EXERCISE DIRECTIONS
Only lines containing "none" are wanted from the data below. Copy those lines.

=== RECORDED INFORMATION ===

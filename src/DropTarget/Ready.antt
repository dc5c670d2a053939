-- ===== src/DropTarget/Ready.antt =====
-- When a handler finds no overlay: only before a deferred call has made it.
use playground_azure_user_sy.Prelude.{
  ℕ, zero, suc, String, Bool, true, false, not, ◌&&◌, ◌||◌, Option, none, some, List, [], ◌∷◌, ◌≡◌,
  refl, ℕ_eq, arith,
}
use playground_azure_user_sy.DropTarget.{
  DropOverlay, DropTarget, DropEffect, type_error, add_overlay, run_deferred, remove_overlay,
  update_overlay, on_body_file_dragover, on_drop, on_load_end, DropEvent, start, start_done,
  deferred_add, updated, attachment_created, reloaded, destroy, show_record, drag_leave, drag_over,
  body_drop, drop, load_end, drop_event, drop_run,
}

abbrev has_overlay : Option DropOverlay → Bool
has_overlay none = false
has_overlay (some o) = true

abbrev pub waits : ℕ → Bool
waits zero = false
waits (suc n) = true

-- The widget does not listen, or it has its overlay, or a call that makes it waits.
abbrev pub IsReady : DropTarget → Type 0
IsReady t = (not t.listening || (has_overlay t.overlay || waits t.deferred)) ≡ true

abbrev is_start : DropEvent → Bool
is_start start = true
is_start e = false

abbrev no_start : List DropEvent → Bool
no_start [] = true
no_start (e ∷ es) = not (is_start e) && no_start es

abbrev pub has_type_error : List DropEffect → Bool
has_type_error [] = false
has_type_error (type_error ∷ es) = true
has_type_error (e ∷ es) = has_type_error es

run_deferred-IsReady :
    (n : ℕ) (t : DropTarget) → IsReady t → t.deferred ≡ n → IsReady (run_deferred n t)
unfolding add_overlay
run_deferred-IsReady zero t h k = h
run_deferred-IsReady (suc n) t h k = ground arith

defers-IsReady : (t : DropTarget) → IsReady (update_overlay t)
unfolding update_overlay remove_overlay
defers-IsReady t = ground arith

module _ (from_byte_array : List ℕ → String) (types : List String) (width height : ℕ) where
  drop_event-IsReady :
      (t : DropTarget) (e : DropEvent)
      → is_start e ≡ false
      → IsReady t
      → IsReady (drop_event from_byte_array types width height t e).0
  unfolding drop_event on_body_file_dragover on_drop on_load_end remove_overlay
  drop_event-IsReady t start k h = ground arith
  drop_event-IsReady t start_done k h = ground arith
  drop_event-IsReady t deferred_add k h = run_deferred-IsReady t.deferred t h refl
  drop_event-IsReady t updated k h = defers-IsReady t
  drop_event-IsReady t attachment_created k h = h
  drop_event-IsReady t reloaded k h = defers-IsReady t
  drop_event-IsReady t destroy k h = ground arith
  drop_event-IsReady t (show_record id) k h = h
  drop_event-IsReady t (drag_leave x y) k h = ground arith
  drop_event-IsReady t (drag_over files dialog) k h = ground arith
  drop_event-IsReady t body_drop k h = ground arith
  drop_event-IsReady t (drop files) k h = ground arith
  drop_event-IsReady t (load_end i result) k h = ground arith

  -- With the overlay there, or without listening, no handler reads a member of `null`.
  drop_event_safe :
      (t : DropTarget) (e : DropEvent)
      → IsReady t
      → t.deferred ≡ 0
      → has_type_error (drop_event from_byte_array types width height t e).1 ≡ false
  unfolding drop_event on_body_file_dragover on_drop on_load_end remove_overlay
  drop_event_safe t start h k = refl
  drop_event_safe t start_done h k = refl
  drop_event_safe t deferred_add h k = refl
  drop_event_safe t updated h k = refl
  drop_event_safe t attachment_created h k = refl
  drop_event_safe t reloaded h k = refl
  drop_event_safe t destroy h k = refl
  drop_event_safe t (show_record id) h k = refl
  drop_event_safe t (drag_leave x y) h k = ground arith
  drop_event_safe t (drag_over files dialog) h k = ground arith
  drop_event_safe t body_drop h k = ground arith
  drop_event_safe t (drop files) h k = refl
  drop_event_safe t (load_end i result) h k = ground arith

  drop_run-IsReady :
      (t : DropTarget) (es : List DropEvent)
      → no_start es ≡ true
      → IsReady t
      → IsReady (drop_run from_byte_array types width height t es).0
  unfolding drop_run
  drop_run-IsReady t [] k h = h
  drop_run-IsReady t (e ∷ es) k h =
      drop_run-IsReady (drop_event from_byte_array types width height t e).0 es (ground arith)
        (drop_event-IsReady t e (ground arith) h)

  -- A widget that is ready, and does not start again: after any events, in any order, if no call of
  -- `_add_overlay` waits, then no handler of whatever event comes next reads a member of `null`.
  pub drop_run_safe :
      (t : DropTarget) (es : List DropEvent) (e : DropEvent)
      → IsReady t
      → no_start es ≡ true
      → (drop_run from_byte_array types width height t es).0.deferred ≡ 0
      → let after = (drop_run from_byte_array types width height t es).0 in
        has_type_error (drop_event from_byte_array types width height after e).1 ≡ false
  drop_run_safe t es e h k d =
      drop_event_safe (drop_run from_byte_array types width height t es).0 e
        (drop_run-IsReady t es k h) d
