-- ===== src/Kube/Within.antt =====
-- How many calls a handler makes before it returns.
use netmaker_k8s_ops.Base.{
  ℕ, zero, suc, ◌+◌, ◌≤◌, ◌≡◌, refl, Bool, true, false, length, arith, if◌then◌else◌,
}
use netmaker_k8s_ops.Kube.Client.{
  Response, Prog, ret, panic, ask, ◌>>=◌, Client, run, calls, returned,
}

module _ {ℓ} {A : Type ℓ} where
  -- For all answers the program returns, without a panic and after at most `n` calls.
  abbrev pub Within : ℕ → Prog A → Type 0
  Within n (ret a) = Unit
  Within n (panic m) = ⊥
  Within zero (ask c k) = ⊥
  Within (suc n) (ask c k) = (r : Response c) → Within n (k r)

  pub Within-le : (n t : ℕ) (m : Prog A) → n ≤ t → Within n m → Within t m
  Within-le n t (ret a) h p = tt
  Within-le n t (panic m) h p = p
  Within-le zero t (ask c k) h p = absurd p
  Within-le (suc n) zero (ask c k) h p = absurd (omega arith)
  Within-le (suc n) (suc t) (ask c k) h p = λ r. Within-le n t (k r) (omega arith) (p r)

  pub Within-if :
      (n : ℕ) (b : Bool) (m p : Prog A) → Within n m → Within n p → Within n (if b then m else p)
  Within-if n true m p h g = h
  Within-if n false m p h g = g

  pub run-Within :
      (C : Client) (n : ℕ) (m : Prog A) (s : C.State)
      → Within n m
      → (a : A) × ((run C m s).0 ≡ returned a) × (length (calls C m s) ≤ n)
  run-Within C n (ret a) s p = (a, refl, omega arith)
  run-Within C n (panic m) s p = absurd p
  run-Within C zero (ask c k) s p = absurd p
  run-Within C (suc n) (ask c k) s p =
      let r = (C.serve c s).0 in
      let (a, returns, bound) = run-Within C n (k r) (C.serve c s).1 (p r) in
      (a, returns, omega arith)

pub Within-bind {ℓ κ} :
    {A : Type ℓ} {B : Type κ} (n k t : ℕ) (m : Prog A) (f : A → Prog B)
    → n + k ≤ t
    → Within n m
    → ((a : A) → Within k (f a))
    → Within t (m >>= f)
Within-bind n k t (ret a) f h p q = Within-le k t (f a) (omega arith) (q a)
Within-bind n k t (panic m) f h p q = absurd p
Within-bind zero k t (ask c g) f h p q = absurd p
Within-bind (suc n) k zero (ask c g) f h p q = absurd (omega arith)
Within-bind (suc n) k (suc t) (ask c g) f h p q =
    λ r. Within-bind n k t (g r) f (omega arith) (p r) q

===

SOLUTION TO THIS EXERCISE
  ℕ, zero, suc, String, Bool, true, false, not, ◌&&◌, ◌||◌, Option, none, some, List, [], ◌∷◌, ◌≡◌,
has_overlay none = false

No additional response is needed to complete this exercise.